Hillary Clinton and Barack Obama show few signs that they’re aware of it, but the general election campaign has already begun. And appropriately for the eve of St. Patrick’s Day, the pair have begun to destroy each other like the two crazy Irish cats of Kilkenny. The upshot is that both of them are already losing the general to John McCain. By the time the Democratic convention rolls around in August and the nomination is finally awarded, the battle may already be over.
Obama’s advisers point out, rightfully, that the Clinton campaign started this downward drift toward mutually assured destruction, Democratic-style, with its now infamous “red phone” ad before the critical Ohio and Texas primaries. Subtly but with devastating impact, the TV commercial raised questions about Obama’s preparedness to be commander in chief. The Obama campaign responded by effectively branding Hillary Clinton a liar about her own record. “As far as the record shows, Sen. Clinton never answered the phone either to make a decision on any pressing national security issue—not at 3 a.m. or at any other time of day,” top Obama adviser Greg Craig—a former close friend of Hillary’s—wrote this week in a widely circulated memo.
Winning elections is about setting the agenda and, while creating a positive image of oneself, negatively defining one’s opponent in the minds of the voters. This is happening for McCain—having Obama defined as unready and Hillary as lacking in integrity—without his having to lift a finger. If the current campaign keeps up—and there’s every sign it will—it’s likely that by summer irrepressible doubts about both Dems will have been lodged in the minds of the electorate. [complete article]
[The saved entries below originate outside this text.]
-- ===== src/Test/Coverage.antt =====
-- src/test.rs: a coverage figure as a percentage.
use jrs.Prelude.{ℕ, Text, codes, ◌++◌, ◌==◌, nat_eq, if◌then◌else◌, ◌/◌, ◌%◌, ◌∷◌, digit, decimal}

unfoldable pub percent : ℕ → Text
unfolding decimal
percent basis_points =
    let whole = basis_points / 100 in
    let fraction = basis_points % 100 in
    if fraction == 0
    then decimal whole ++ codes "%"
    else if fraction % 10 == 0
    then decimal whole ++ (codes "." ++ (decimal (fraction / 10) ++ codes "%"))
    else decimal whole ++ (codes "." ++ (digit (fraction / 10) ∷ digit fraction ∷ codes "%"))
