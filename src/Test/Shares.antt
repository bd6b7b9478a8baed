-- ===== src/Test/Shares.antt =====
-- Dealing classes out loses none and runs none twice.
use jrs.Prelude.{
  ℕ, zero, suc, Text, Bool, not, ◌==◌, nat_eq, list_eq, List, ◌∷◌, [], ◌++◌, map, if◌then◌else◌,
  length, get_or, set, replicate, retain, ◌+◌, ◌<◌, ◌≡◌, refl, ap, ◌∙◌, arith, length-set,
  length-replicate, Bool-cases, inl, inr,
}
use jrs.Test.{
  Times, Share, insert_by, sort_by, least_from, least, empty_share, give, deal, forks_of,
  is_measured, shares_of, at_most, slower, time_of, lighter, smaller,
}

-- How often a class is in a list, and in all the lists of one.
unfoldable pub occurrences : Text → List Text → ℕ
occurrences c [] = 0
occurrences c (x ∷ xs) = (if x == c then 1 else 0) + occurrences c xs

unfoldable pub in_all : Text → List (List Text) → ℕ
unfolding occurrences
in_all c [] = 0
in_all c (xs ∷ xss) = occurrences c xs + in_all c xss

in_shares : Text → List Share → ℕ
in_shares c [] = 0
in_shares c (s ∷ ss) = occurrences c s.0 + in_shares c ss

occurrences-insert_by :
    (before : Text → Text → Bool) (c x : Text) (xs : List Text)
    → occurrences c (insert_by before x xs) ≡ occurrences c (x ∷ xs)
unfolding occurrences insert_by
occurrences-insert_by before c x [] = refl
occurrences-insert_by before c x (y ∷ ys) = ground (arith, occurrences-insert_by before c x ys)

pub occurrences-sort_by :
    (before : Text → Text → Bool) (c : Text) (xs : List Text)
    → occurrences c (sort_by before xs) ≡ occurrences c xs
unfolding occurrences sort_by
occurrences-sort_by before c [] = refl
occurrences-sort_by before c (x ∷ xs) =
    occurrences-insert_by before c x (sort_by before xs)
    ∙ ap (λ n. (if x == c then 1 else 0) + n) (occurrences-sort_by before c xs)

occurrences-append :
    (c : Text) (xs ys : List Text) → occurrences c (xs ++ ys) ≡ occurrences c xs + occurrences c ys
unfolding occurrences
occurrences-append c [] ys = omega arith
occurrences-append c (x ∷ xs) ys = omega (arith, occurrences-append c xs ys)

occurrences-retain :
    (p : Text → Bool) (c : Text) (xs : List Text)
    → occurrences c (retain p xs) + occurrences c (retain (λ x. not (p x)) xs) ≡ occurrences c xs
unfolding occurrences
occurrences-retain p c [] = refl
occurrences-retain p c (x ∷ xs) = elim (Bool-cases (p x)) [
  | inl holds ↦ rw holds (omega (arith, occurrences-retain p c xs))
  | inr other ↦ rw other (omega (arith, occurrences-retain p c xs))
]

in_shares-set :
    (c d : Text) (millis : ℕ) (shares : List Share) (i : ℕ)
    → i < length shares
    → in_shares c (set shares i (give d millis (get_or shares i empty_share)))
      ≡ in_shares c shares + occurrences c (d ∷ [])
unfolding in_shares occurrences
in_shares-set c d millis [] i h = absurd (omega (arith, h))
in_shares-set c d millis (s ∷ ss) zero h = omega (arith, occurrences-append c s.0 (d ∷ []))
in_shares-set c d millis (s ∷ ss) (suc i) h =
    omega (arith, in_shares-set c d millis ss i (omega (arith, h)))

least_from_bound :
    (less : Share → Share → Bool) (i best : ℕ) (b : Share) (ss : List Share)
    → best < i
    → least_from less i best b ss < i + length ss
unfolding least_from
least_from_bound less i best b [] h = omega (arith, h)
least_from_bound less i best b (s ∷ ss) h = elim (Bool-cases (less s b)) [
  | inl holds ↦ rw holds (omega (arith, least_from_bound less (i + 1) i s ss (omega arith)))
  | inr other ↦ rw other (omega (arith, least_from_bound less (i + 1) best b ss (omega (arith, h))))
]

least_bound :
    (less : Share → Share → Bool) (shares : List Share)
    → 0 < length shares
    → least less shares < length shares
unfolding least
least_bound less [] h = absurd (omega (arith, h))
least_bound less (s ∷ ss) h = omega (arith, least_from_bound less 1 0 s ss (omega arith))

pub length-deal :
    (less : Share → Share → Bool) (time : Text → ℕ) (shares : List Share) (cs : List Text)
    → length (deal less time shares cs) ≡ length shares
unfolding deal
length-deal less time shares [] = refl
length-deal less time shares (c ∷ cs) =
    let i = least less shares in
    length-deal less time (set shares i (give c (time c) (get_or shares i empty_share))) cs
    ∙ length-set shares i _

in_shares-deal :
    (less : Share → Share → Bool) (time : Text → ℕ) (c : Text) (shares : List Share)
    (cs : List Text)
    → 0 < length shares
    → in_shares c (deal less time shares cs) ≡ in_shares c shares + occurrences c cs
unfolding deal occurrences
in_shares-deal less time c shares [] h = omega arith
in_shares-deal less time c shares (d ∷ cs) h =
    let i = least less shares in
    let dealt = set shares i (give d (time d) (get_or shares i empty_share)) in
    omega (
      arith,
      in_shares-deal less time c dealt cs
          (omega (arith, h, length-set shares i (give d (time d) (get_or shares i empty_share)))),
      in_shares-set c d (time d) shares i (least_bound less shares h),
    )

in_shares_empty : (c : Text) (n : ℕ) → in_shares c (replicate n empty_share) ≡ 0
unfolding in_shares occurrences
in_shares_empty c zero = refl
in_shares_empty c (suc n) = omega (arith, in_shares_empty c n)

in_all_sorted :
    (before : Text → Text → Bool) (c : Text) (shares : List Share)
    → in_all c (map (λ (s : Share). sort_by before s.0) shares) ≡ in_shares c shares
unfolding in_all in_shares
in_all_sorted before c [] = refl
in_all_sorted before c (s ∷ ss) =
    omega (arith, occurrences-sort_by before c s.0, in_all_sorted before c ss)

-- However many JVMs there are, and whatever times are known, the shares together hold each class
-- exactly as often as the classes do.
pub shares_of_partition :
    (classes : List Text) (forks : ℕ) (times : Times) (c : Text)
    → in_all c (shares_of classes forks times) ≡ occurrences c classes
unfolding shares_of
shares_of_partition classes forks times c =
    let measured = retain (is_measured times) classes in
    let unmeasured = retain (λ x. not (is_measured times x)) classes in
    let fresh = replicate (forks_of forks classes) empty_share in
    let first = deal lighter (time_of times) fresh (sort_by (slower times) measured) in
    let some_share : 0 < length fresh =
      omega (arith, length-replicate (forks_of forks classes) empty_share) in
    let still : 0 < length first = omega (
      arith,
      some_share,
      length-deal lighter (time_of times) fresh (sort_by (slower times) measured),
    ) in
    in_all_sorted at_most c (deal smaller (λ _. 0) first unmeasured)
    ∙ omega (
      arith,
      in_shares-deal smaller (λ _. 0) c first unmeasured still,
      in_shares-deal lighter (time_of times) c fresh (sort_by (slower times) measured) some_share,
      in_shares_empty c (forks_of forks classes),
      occurrences-sort_by (slower times) c measured,
      occurrences-retain (is_measured times) c classes,
    )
Editor’s Comment — Barak Obama — like most successful people — has been credited with possessing an excellent sense of timing. If there was ever a time when he desperately needed to seize the day, this is it. How can he do it?
Take the high road — no one should expect anything less from a candidate who presents himself as a unifier and natural leader — and call for a closed-door Democratic summit. He needs to reach out to Hillary Clinton and say, “I want to sit down with you and Howard Dean and for the three of us to arrive at a consensus about how we move forward in such a way that we ensure that when the party has a nominee, he or she will be able to lead a unified party.”
This isn’t about asking either campaign to accept defeat before they are ready to do so. It just means that they agree to pursue victory without doing so at the expense of the party.